Al di là degli interventi auspicabili nell’immediato sul mercato (indispensabile un terzino sinistro, necessario uno destro, servirebbe anche un centrocampista in grado di dare qualità e tempi di gioco), il Napoli sembra aver imboccato un lento ma inesorabile declino, nel silenzio dei media ed anche degli atavici detrattori di De Laurentiis, che fino a due anni fa inorridivano alla sfilza di secondi posti e che oggi tacciono di fronte alla concreta possibilità del secondo anno consecutivo senza Champions.
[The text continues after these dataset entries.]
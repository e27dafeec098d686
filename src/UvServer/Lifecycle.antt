-- ===== src/UvServer/Lifecycle.antt =====
-- The life of a client from `on_connection` to `delete`, and where the order of its end goes wrong.
use netsystem.Base.{
  ◌⊎◌, inl, inr, Bool-cases, subst, >>=-eq-some, some_eq, if_some, if_cases, ℕ, ◌≡◌, refl, sym, ◌∙◌,
  true, false, none, some, List, [], ◌∷◌, ◌++◌, ◌==◌, ==_refl, lookup, put, lookup-put, erase-put,
  put-put, ◌>>=◌,
}
use netsystem.UvServer.{
  Client, on_stream_close, add_client, remove_client, event_connected, event_disconnected, Server,
  new_client, is_closing, uv_close_, free_client_handle, add_stream, found_stream, remove_stream,
  on_connect, on_disconnect, flush_handle, flush_stream, dispose_connection, on_remove_client,
  disconnect, confirm_client_is_ready, delete_client,
}
use netsystem.UvServer.Accept.{
  on_accept_client, is_ready, on_server_accept_client, Accepting, finish_connection, on_connection,
  close_streams, close_server, on_server_close, end_or_reset, read_of, on_client_read,
  stream_closed, run_close_cb, closed_by_loop,
}

-- Every call of libuv succeeds.
abbrev pub all_succeed : Accepting
all_succeed = record { status = true; tcp_init = true; accept = true; read_start = true }

lookup-put_self {ℓ} :
    {A : Type ℓ} (k : ℕ) (v : A) (m : List (ℕ × A)) → lookup k (put k v m) ≡ some v
lookup-put_self k v m = lookup-put k k v m ∙ rw (==_refl k) refl

-- New objects at addresses that are not in use.
pub record AreNew (sock clnt conn : ℕ) (s : Server) : Type 0 where
  pub sock_set : (sock == 0) ≡ false
  pub clnt_set : (clnt == 0) ≡ false
  pub conn_set : (conn == 0) ≡ false
  pub sock_new : lookup sock s.sockets ≡ none
  pub sock_open : lookup sock s.closing ≡ none
  pub clnt_new : lookup clnt s.handles ≡ none
  pub stream_new : lookup clnt s.streams ≡ none
  pub conn_new : lookup conn s.clients ≡ none

-- A client whose socket is open, and after its end.
abbrev pub running_client : ℕ → Client
running_client clnt = record {
  running = true;
  connected = true;
  disposed = false;
  flushed = false;
  packet = true;
  clnt = clnt;
}

abbrev ended_client : ℕ → Client
ended_client clnt = record {
  running = false;
  connected = false;
  disposed = true;
  flushed = true;
  packet = false;
  clnt = clnt;
}

module _ (sock clnt conn : ℕ) (s : Server) (n : AreNew sock clnt conn s) where
  abbrev pub opened : Server
  opened = record s {
    handles = put clnt (record { sockimpl = sock; connimpl = conn; bb = true }) s.handles;
    sockets = put sock clnt s.sockets;
    clients = put conn (running_client clnt) s.clients;
    calls = s.calls ++ (add_client conn ∷ []) ++ (event_connected conn ∷ []);
  }

  pub on_connection-opened :
      is_ready s ≡ true → on_connection all_succeed sock clnt conn s ≡ some opened
  unfolding on_connection on_server_accept_client on_accept_client add_stream
      confirm_client_is_ready remove_stream found_stream on_connect finish_connection new_client
      is_ready
  on_connection-opened ready = simp (
    ready,
    n.conn_set,
    n.clnt_set,
    lookup-put_self,
    put-put,
    erase-put clnt clnt s.streams n.stream_new,
  )

  abbrev ended : Server
  ended = record s {
    handles = put clnt (record { sockimpl = 0; connimpl = conn; bb = true }) s.handles;
    sockets = put sock clnt s.sockets;
    closing = put sock on_stream_close s.closing;
    clients = put conn (ended_client clnt) s.clients;
    calls =
        s.calls
        ++ (add_client conn ∷ [])
        ++ (event_connected conn ∷ [])
        ++ (event_disconnected conn ∷ [])
        ++ (remove_client conn ∷ []);
  }

  on_client_read-ended : on_client_read end_or_reset sock opened ≡ some ended
  unfolding on_client_read read_of disconnect on_disconnect on_remove_client dispose_connection
      flush_stream flush_handle uv_close_ is_closing
  on_client_read-ended =
      simp (n.conn_set, n.clnt_set, n.sock_set, lookup-put_self, put-put, n.sock_open)

  abbrev shut : Server
  shut = record ended { sockets = s.sockets; closing = s.closing }

  closed_by_loop-shut : closed_by_loop sock ended ≡ some shut
  unfolding closed_by_loop run_close_cb stream_closed
  closed_by_loop-shut = simp (
    n.conn_set,
    lookup-put_self,
    put-put,
    erase-put sock clnt s.sockets n.sock_new,
    erase-put sock on_stream_close s.closing n.sock_open,
  )

  abbrev gone : Server
  gone = record s { calls = ended.calls }

  delete_client-gone : delete_client conn shut ≡ some gone
  unfolding delete_client free_client_handle
  delete_client-gone = simp (
    n.clnt_set,
    lookup-put_self,
    erase-put conn (ended_client clnt) s.clients n.conn_new,
    erase-put clnt (record { sockimpl = 0; connimpl = conn; bb = true }) s.handles n.clnt_new,
  )

  -- The handle is freed with the client, and the callback of its socket still reads it.
  abbrev deleted : Server
  deleted = record ended { handles = s.handles; clients = s.clients }

  delete_client-deleted : delete_client conn ended ≡ some deleted
  unfolding delete_client free_client_handle
  delete_client-deleted = simp (
    n.clnt_set,
    lookup-put_self,
    erase-put conn (ended_client clnt) s.clients n.conn_new,
    erase-put clnt (record { sockimpl = 0; connimpl = conn; bb = true }) s.handles n.clnt_new,
  )

  closed_by_loop-deleted : closed_by_loop sock deleted ≡ none
  unfolding closed_by_loop run_close_cb stream_closed
  closed_by_loop-deleted = simp (lookup-put_self, n.clnt_new)

-- A client that a server accepts while it is ready, whose stream ends, whose socket libuv then closes, and
-- that is deleted after that, leaves nothing behind: every object that was allocated for it is freed, no
-- memory is used that is not allocated, the dictionaries are as before, and the handlers and the manager
-- have seen it come, connect, disconnect and go, in this order. All calls of libuv have to succeed, and
-- the objects to be new.
pub delete_client-on_connection :
    (sock clnt conn : ℕ) (s : Server)
    → AreNew sock clnt conn s
    → is_ready s ≡ true
    → (on_connection all_succeed sock clnt conn s
        >>= on_client_read end_or_reset sock
        >>= closed_by_loop sock
        >>= delete_client conn)
      ≡ some (record s {
        calls =
            s.calls
            ++ (add_client conn ∷ [])
            ++ (event_connected conn ∷ [])
            ++ (event_disconnected conn ∷ [])
            ++ (remove_client conn ∷ []);
      })
delete_client-on_connection sock clnt conn s n ready = simp (
  on_connection-opened sock clnt conn s n ready,
  on_client_read-ended sock clnt conn s n,
  closed_by_loop-shut sock clnt conn s n,
  delete_client-gone sock clnt conn s n,
)

-- After the end of its stream such a client says that it is disposed and flushed, though libuv has not
-- closed its socket yet: the callback is still to come. If the client is deleted then, the callback reads
-- memory that was freed.
pub closed_by_loop-delete_client :
    (sock clnt conn : ℕ) (s : Server)
    → AreNew sock clnt conn s
    → is_ready s ≡ true
    → (s' : Server) × (c : Client) × ((on_connection all_succeed sock clnt conn s
          >>= on_client_read end_or_reset sock)
        ≡ some s')
      × (lookup conn s'.clients ≡ some c)
      × (c.disposed ≡ true)
      × (c.flushed ≡ true)
      × (lookup sock s'.closing ≡ some on_stream_close)
      × ((delete_client conn s' >>= closed_by_loop sock) ≡ none)
closed_by_loop-delete_client sock clnt conn s n ready = (
  ended sock clnt conn s n,
  ended_client clnt,
  simp (on_connection-opened sock clnt conn s n ready, on_client_read-ended sock clnt conn s n),
  lookup-put_self conn (ended_client clnt) s.clients,
  refl,
  refl,
  lookup-put_self sock on_stream_close s.closing,
  simp (delete_client-deleted sock clnt conn s n, closed_by_loop-deleted sock clnt conn s n),
)

not-ready :
    (sock clnt conn : ℕ) (s : Server)
    → (sock == 0) ≡ false
    → lookup sock s.closing ≡ none
    → is_ready s ≡ false
    → on_connection all_succeed sock clnt conn s ≡ none
unfolding on_connection on_server_accept_client finish_connection free_client_handle uv_close_
    is_closing is_ready
not-ready sock clnt conn s set fresh busy = simp (busy, set, fresh, lookup-put_self, put-put)

no_client :
    (sock clnt : ℕ) (s : Server)
    → (sock == 0) ≡ false
    → lookup sock s.closing ≡ none
    → is_ready s ≡ true
    → on_connection all_succeed sock clnt 0 s ≡ none
unfolding on_connection on_server_accept_client on_accept_client add_stream finish_connection
    free_client_handle uv_close_ is_closing is_ready
no_client sock clnt s set fresh ready = simp (ready, set, fresh, lookup-put_self, put-put)

-- A connection that is refused, since the server is not ready or the factory makes no client for it, ends
-- in the use of a buffer that was never made: `on_connection` creates it only behind the branch that
-- destroys it. All calls of libuv have to succeed, and the socket to be a new one.
pub on_connection_refused :
    (sock clnt conn : ℕ) (s : Server)
    → (sock == 0) ≡ false
    → lookup sock s.closing ≡ none
    → (is_ready s ≡ false) ⊎ (conn ≡ 0)
    → on_connection all_succeed sock clnt conn s ≡ none
on_connection_refused sock clnt conn s set fresh (inl busy) =
    not-ready sock clnt conn s set fresh busy
on_connection_refused sock clnt conn s set fresh (inr null) = elim (Bool-cases (is_ready s)) [
  | inl ready ↦
      subst (λ c. on_connection all_succeed sock clnt c s ≡ none) (sym null)
        (no_client sock clnt s set fresh ready)
  | inr busy ↦ not-ready sock clnt conn s set fresh busy
]

-- A server that is closed meets a null pointer when libuv then runs the callback of its listening socket.
on_server_close-close_server :
    (s : Server) {s' : Server}
    → s.closed ≡ false
    → close_server s ≡ some s'
    → on_server_close s' ≡ none
unfolding close_server on_server_close
on_server_close-close_server s open_yet e = elim (if_cases s.closed _ _ e) [
  | inl (closed, _) ↦ cc
  | inr (_, e') ↦
      let (m, _, finished) = >>=-eq-some (close_streams s.streams s) _ e' in
      let (_, is) = if_some m.srvr_impl finished in
      subst (λ x. on_server_close x ≡ none) (some_eq is) (unfold on_server_close in refl)
]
A far specie, in tutta onestà, è proprio l’atteggiamento passivo del patròn azzurro, che in passato aveva azzeccato tempi e modi degli interventi decisivi, anche se magari dolorosi (come accadde per l’esonero di Donadoni ed il siluramento di Pierpaolo Marino), per la costante ascesa della sua creatura.
C’è da sperare che, nonostante tutte le difficoltà dovute alla pandemia, AdL ritrovi l’entusiasmo dei giorni migliori e faccia le scelte giuste per scuotere il suo Napoli da un torpore decisamente pericoloso.